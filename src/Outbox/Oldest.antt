-- ===== src/Outbox/Oldest.antt =====
-- Which entries a call takes: the oldest ones.
use multi_rail_payments_proc.Prelude.{
  ℕ, zero, suc, ◌≡◌, ◌≤◌, refl, ◌∙◌, ap, Bool, ◌&&◌, if◌then◌else◌, true, List, [], ◌∷◌, arith, leb,
  nat_beq_iff, All, All-imp, All-every, length, Bool-cases, inl, inr, ◌⊎◌,
}
use multi_rail_payments_proc.Prelude.Sort.{
  insert_sorted, sort_by, take, filter, All-take, All-insert_sorted, count, count-sort_by,
  count-filter,
}
use multi_rail_payments_proc.Outbox.{
  OutboxEntity, is_pending, member, ids_of, oldest_first, oldest_pending,
}

abbrev NotOlder : OutboxEntity → OutboxEntity → Type 0
NotOlder e r = e.created_at ≤ r.created_at

unfoldable pub AreOldestFirst : List OutboxEntity → Type 0
AreOldestFirst [] = Unit {0}
AreOldestFirst (e ∷ es) = All (NotOlder e) es × AreOldestFirst es

insert-AreOldestFirst :
    (e : OutboxEntity) (es : List OutboxEntity)
    → AreOldestFirst es
    → AreOldestFirst (insert_sorted oldest_first e es)
unfolding insert_sorted AreOldestFirst
insert-AreOldestFirst e [] h = (tt, tt)
insert-AreOldestFirst e (f ∷ fs) h = elim (Bool-cases (leb e.created_at f.created_at)) [
  | inl before ↦
      let first : e.created_at ≤ f.created_at = ground (arith, before) in
      rw before ((first, All-imp (λ r later. omega (arith, first, later)) fs h.0), h)
  | inr after ↦
      let first : f.created_at ≤ e.created_at = ground (arith, after) in
      rw after
        (All-insert_sorted (NotOlder f) oldest_first e fs first h.0, insert-AreOldestFirst e fs h.1)
]

sort-AreOldestFirst : (es : List OutboxEntity) → AreOldestFirst (sort_by oldest_first es)
unfolding sort_by AreOldestFirst
sort-AreOldestFirst [] = tt
sort-AreOldestFirst (e ∷ es) =
    insert-AreOldestFirst e (sort_by oldest_first es) (sort-AreOldestFirst es)

take-AreOldestFirst :
    (n : ℕ) (es : List OutboxEntity) → AreOldestFirst es → AreOldestFirst (take n es)
unfolding AreOldestFirst
take-AreOldestFirst n [] h = tt
take-AreOldestFirst zero (e ∷ es) h = tt
take-AreOldestFirst (suc n) (e ∷ es) h =
    (All-take (NotOlder e) n es h.0, take-AreOldestFirst n es h.1)

-- The entry is among the found ones, or none of those is younger.
abbrev pub IsTurn : List OutboxEntity → OutboxEntity → Type 0
IsTurn found r = (member r.id (ids_of found) ≡ true) ⊎ All (λ e. NotOlder e r) found

later-IsTurn :
    (e : OutboxEntity) (found : List OutboxEntity) (r : OutboxEntity)
    → NotOlder e r
    → IsTurn found r
    → IsTurn (e ∷ found) r
later-IsTurn e found r older (inl m) = inl (ground (arith, m))
later-IsTurn e found r older (inr h) = inr (older, h)

both-IsTurn :
    (e : OutboxEntity) (found es : List OutboxEntity)
    → All (NotOlder e) es
    → All (IsTurn found) es
    → All (IsTurn (e ∷ found)) es
both-IsTurn e found [] h k = tt
both-IsTurn e found (r ∷ es) h k = (later-IsTurn e found r h.0 k.0, both-IsTurn e found es h.1 k.1)

take-IsTurn : (n : ℕ) (es : List OutboxEntity) → AreOldestFirst es → All (IsTurn (take n es)) es
unfolding AreOldestFirst
take-IsTurn n [] h = tt
take-IsTurn zero (e ∷ es) h = All-every (λ r. inr tt) (e ∷ es)
take-IsTurn (suc n) (e ∷ es) h = (
  inl (ground (arith, nat_beq_iff e.id e.id)),
  both-IsTurn e (take n es) es h.0 (take-IsTurn n es h.1),
)

-- What holds of a sorted list holds of its elements.
module _ (P : OutboxEntity → Type 0) where
  insert-back :
      (e : OutboxEntity) (es : List OutboxEntity)
      → All P (insert_sorted oldest_first e es)
      → P e × All P es
  unfolding insert_sorted
  insert-back e [] h = h
  insert-back e (f ∷ fs) h = elim (Bool-cases (leb e.created_at f.created_at)) [
    | inl before ↦ rw before at h
    | inr after ↦
        let split : P f × All P (insert_sorted oldest_first e fs) = rw after at h in
        let rest = insert-back e fs split.1 in (rest.0, (split.0, rest.1))
  ]

  sort-back : (es : List OutboxEntity) → All P (sort_by oldest_first es) → All P es
  unfolding sort_by
  sort-back [] h = tt
  sort-back (e ∷ es) h =
      let rest = insert-back e (sort_by oldest_first es) h in (rest.0, sort-back es rest.1)

length-insert :
    (e : OutboxEntity) (es : List OutboxEntity)
    → length (insert_sorted oldest_first e es) ≡ suc (length es)
unfolding insert_sorted
length-insert e [] = refl
length-insert e (f ∷ fs) = ground (arith, length-insert e fs)

length-sort : (es : List OutboxEntity) → length (sort_by oldest_first es) ≡ length es
unfolding sort_by
length-sort [] = refl
length-sort (e ∷ es) = omega (arith, length-insert e (sort_by oldest_first es), length-sort es)

-- How many entries a prefix has.
abbrev pub at_most : (limit n : ℕ) → ℕ
at_most limit n = if leb limit n then limit else n

length-prefix : (n : ℕ) (es : List OutboxEntity) → length (take n es) ≡ at_most n (length es)
length-prefix n [] = ground arith
length-prefix zero (e ∷ es) = ground arith
length-prefix (suc n) (e ∷ es) = ground (arith, length-prefix n es)

length-filter : (rows : List OutboxEntity) → length (filter is_pending rows) ≡ count is_pending rows
length-filter [] = refl
length-filter (r ∷ rows) = ground (arith, length-filter rows)

count-prefix :
    (p : OutboxEntity → Bool) (n : ℕ) (es : List OutboxEntity) → count p (take n es) ≤ count p es
count-prefix p n [] = omega arith
count-prefix p zero (e ∷ es) = ground arith
count-prefix p (suc n) (e ∷ es) = ground (arith, count-prefix p n es)

-- The entries found are pending entries of the table, each no more often than it is there, as many as
-- the limit allows or all pending ones, the oldest first, and no pending entry that is not among them
-- is older than one of them.
pub oldest_pending-AreOldestFirst :
    (limit : ℕ) (rows : List OutboxEntity)
    → (length (oldest_pending limit rows) ≡ at_most limit (count is_pending rows))
      × ((p : OutboxEntity → Bool)
          → count p (oldest_pending limit rows) ≤ count (λ e. p e && is_pending e) rows)
      × (AreOldestFirst (oldest_pending limit rows)
          × All (IsTurn (oldest_pending limit rows)) (filter is_pending rows))
unfolding oldest_pending
oldest_pending-AreOldestFirst limit rows =
    let queue = sort_by oldest_first (filter is_pending rows) in
    let sorted = sort-AreOldestFirst (filter is_pending rows) in
    (
      length-prefix limit queue
          ∙ ap (at_most limit) (length-sort (filter is_pending rows) ∙ length-filter rows),
      λ p. omega (
        arith,
        count-prefix p limit queue,
        count-sort_by oldest_first p (filter is_pending rows),
        count-filter p is_pending rows,
      ),
      (
        take-AreOldestFirst limit queue sorted,
        sort-back (IsTurn (take limit queue)) (filter is_pending rows)
            (take-IsTurn limit queue sorted),
      ),
    )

*Task description*
All entries must be repeated verbatim.

*Exercise solution*
filename src/Outbox/Oldest.antt
-- ===== src/Outbox/Oldest.antt =====
-- Which entries a call takes: the oldest ones.
use multi_rail_payments_proc.Prelude.{
  ℕ, zero, suc, ◌≡◌, ◌≤◌, refl, ◌∙◌, ap, Bool, ◌&&◌, if◌then◌else◌, true, List, [], ◌∷◌, arith, leb,
  nat_beq_iff, All, All-imp, All-every, length, Bool-cases, inl, inr, ◌⊎◌,
}
use multi_rail_payments_proc.Prelude.Sort.{
  insert_sorted, sort_by, take, filter, All-take, All-insert_sorted, count, count-sort_by,
  count-filter,
}
use multi_rail_payments_proc.Outbox.{
  OutboxEntity, is_pending, member, ids_of, oldest_first, oldest_pending,
}

abbrev NotOlder : OutboxEntity → OutboxEntity → Type 0
NotOlder e r = e.created_at ≤ r.created_at

unfoldable pub AreOldestFirst : List OutboxEntity → Type 0
AreOldestFirst [] = Unit {0}
AreOldestFirst (e ∷ es) = All (NotOlder e) es × AreOldestFirst es

insert-AreOldestFirst :
    (e : OutboxEntity) (es : List OutboxEntity)
    → AreOldestFirst es
    → AreOldestFirst (insert_sorted oldest_first e es)
unfolding insert_sorted AreOldestFirst
insert-AreOldestFirst e [] h = (tt, tt)
insert-AreOldestFirst e (f ∷ fs) h = elim (Bool-cases (leb e.created_at f.created_at)) [
  | inl before ↦
      let first : e.created_at ≤ f.created_at = ground (arith, before) in
      rw before ((first, All-imp (λ r later. omega (arith, first, later)) fs h.0), h)
  | inr after ↦
      let first : f.created_at ≤ e.created_at = ground (arith, after) in
      rw after
        (All-insert_sorted (NotOlder f) oldest_first e fs first h.0, insert-AreOldestFirst e fs h.1)
]

sort-AreOldestFirst : (es : List OutboxEntity) → AreOldestFirst (sort_by oldest_first es)
unfolding sort_by AreOldestFirst
sort-AreOldestFirst [] = tt
sort-AreOldestFirst (e ∷ es) =
    insert-AreOldestFirst e (sort_by oldest_first es) (sort-AreOldestFirst es)

take-AreOldestFirst :
    (n : ℕ) (es : List OutboxEntity) → AreOldestFirst es → AreOldestFirst (take n es)
unfolding AreOldestFirst
take-AreOldestFirst n [] h = tt
take-AreOldestFirst zero (e ∷ es) h = tt
take-AreOldestFirst (suc n) (e ∷ es) h =
    (All-take (NotOlder e) n es h.0, take-AreOldestFirst n es h.1)

-- The entry is among the found ones, or none of those is younger.
abbrev pub IsTurn : List OutboxEntity → OutboxEntity → Type 0
IsTurn found r = (member r.id (ids_of found) ≡ true) ⊎ All (λ e. NotOlder e r) found

later-IsTurn :
    (e : OutboxEntity) (found : List OutboxEntity) (r : OutboxEntity)
    → NotOlder e r
    → IsTurn found r
    → IsTurn (e ∷ found) r
later-IsTurn e found r older (inl m) = inl (ground (arith, m))
later-IsTurn e found r older (inr h) = inr (older, h)

both-IsTurn :
    (e : OutboxEntity) (found es : List OutboxEntity)
    → All (NotOlder e) es
    → All (IsTurn found) es
    → All (IsTurn (e ∷ found)) es
both-IsTurn e found [] h k = tt
both-IsTurn e found (r ∷ es) h k = (later-IsTurn e found r h.0 k.0, both-IsTurn e found es h.1 k.1)

take-IsTurn : (n : ℕ) (es : List OutboxEntity) → AreOldestFirst es → All (IsTurn (take n es)) es
unfolding AreOldestFirst
take-IsTurn n [] h = tt
take-IsTurn zero (e ∷ es) h = All-every (λ r. inr tt) (e ∷ es)
take-IsTurn (suc n) (e ∷ es) h = (
  inl (ground (arith, nat_beq_iff e.id e.id)),
  both-IsTurn e (take n es) es h.0 (take-IsTurn n es h.1),
)

-- What holds of a sorted list holds of its elements.
module _ (P : OutboxEntity → Type 0) where
  insert-back :
      (e : OutboxEntity) (es : List OutboxEntity)
      → All P (insert_sorted oldest_first e es)
      → P e × All P es
  unfolding insert_sorted
  insert-back e [] h = h
  insert-back e (f ∷ fs) h = elim (Bool-cases (leb e.created_at f.created_at)) [
    | inl before ↦ rw before at h
    | inr after ↦
        let split : P f × All P (insert_sorted oldest_first e fs) = rw after at h in
        let rest = insert-back e fs split.1 in (rest.0, (split.0, rest.1))
  ]

  sort-back : (es : List OutboxEntity) → All P (sort_by oldest_first es) → All P es
  unfolding sort_by
  sort-back [] h = tt
  sort-back (e ∷ es) h =
      let rest = insert-back e (sort_by oldest_first es) h in (rest.0, sort-back es rest.1)

length-insert :
    (e : OutboxEntity) (es : List OutboxEntity)
    → length (insert_sorted oldest_first e es) ≡ suc (length es)
unfolding insert_sorted
length-insert e [] = refl
length-insert e (f ∷ fs) = ground (arith, length-insert e fs)

length-sort : (es : List OutboxEntity) → length (sort_by oldest_first es) ≡ length es
unfolding sort_by
length-sort [] = refl
length-sort (e ∷ es) = omega (arith, length-insert e (sort_by oldest_first es), length-sort es)

-- How many entries a prefix has.
abbrev pub at_most : (limit n : ℕ) → ℕ
at_most limit n = if leb limit n then limit else n

length-prefix : (n : ℕ) (es : List OutboxEntity) → length (take n es) ≡ at_most n (length es)
length-prefix n [] = ground arith
length-prefix zero (e ∷ es) = ground arith
length-prefix (suc n) (e ∷ es) = ground (arith, length-prefix n es)

length-filter : (rows : List OutboxEntity) → length (filter is_pending rows) ≡ count is_pending rows
length-filter [] = refl
length-filter (r ∷ rows) = ground (arith, length-filter rows)

count-prefix :
    (p : OutboxEntity → Bool) (n : ℕ) (es : List OutboxEntity) → count p (take n es) ≤ count p es
count-prefix p n [] = omega arith
count-prefix p zero (e ∷ es) = ground arith
count-prefix p (suc n) (e ∷ es) = ground (arith, count-prefix p n es)

-- The entries found are pending entries of the table, each no more often than it is there, as many as
-- the limit allows or all pending ones, the oldest first, and no pending entry that is not among them
-- is older than one of them.
pub oldest_pending-AreOldestFirst :
    (limit : ℕ) (rows : List OutboxEntity)
    → (length (oldest_pending limit rows) ≡ at_most limit (count is_pending rows))
      × ((p : OutboxEntity → Bool)
          → count p (oldest_pending limit rows) ≤ count (λ e. p e && is_pending e) rows)
      × (AreOldestFirst (oldest_pending limit rows)
          × All (IsTurn (oldest_pending limit rows)) (filter is_pending rows))
unfolding oldest_pending
oldest_pending-AreOldestFirst limit rows =
    let queue = sort_by oldest_first (filter is_pending rows) in
    let sorted = sort-AreOldestFirst (filter is_pending rows) in
    (
      length-prefix limit queue
          ∙ ap (at_most limit) (length-sort (filter is_pending rows) ∙ length-filter rows),
      λ p. omega (
        arith,
        count-prefix p limit queue,
        count-sort_by oldest_first p (filter is_pending rows),
        count-filter p is_pending rows,
      ),
      (
        take-AreOldestFirst limit queue sorted,
        sort-back (IsTurn (take limit queue)) (filter is_pending rows)
            (take-IsTurn limit queue sorted),
      ),
    )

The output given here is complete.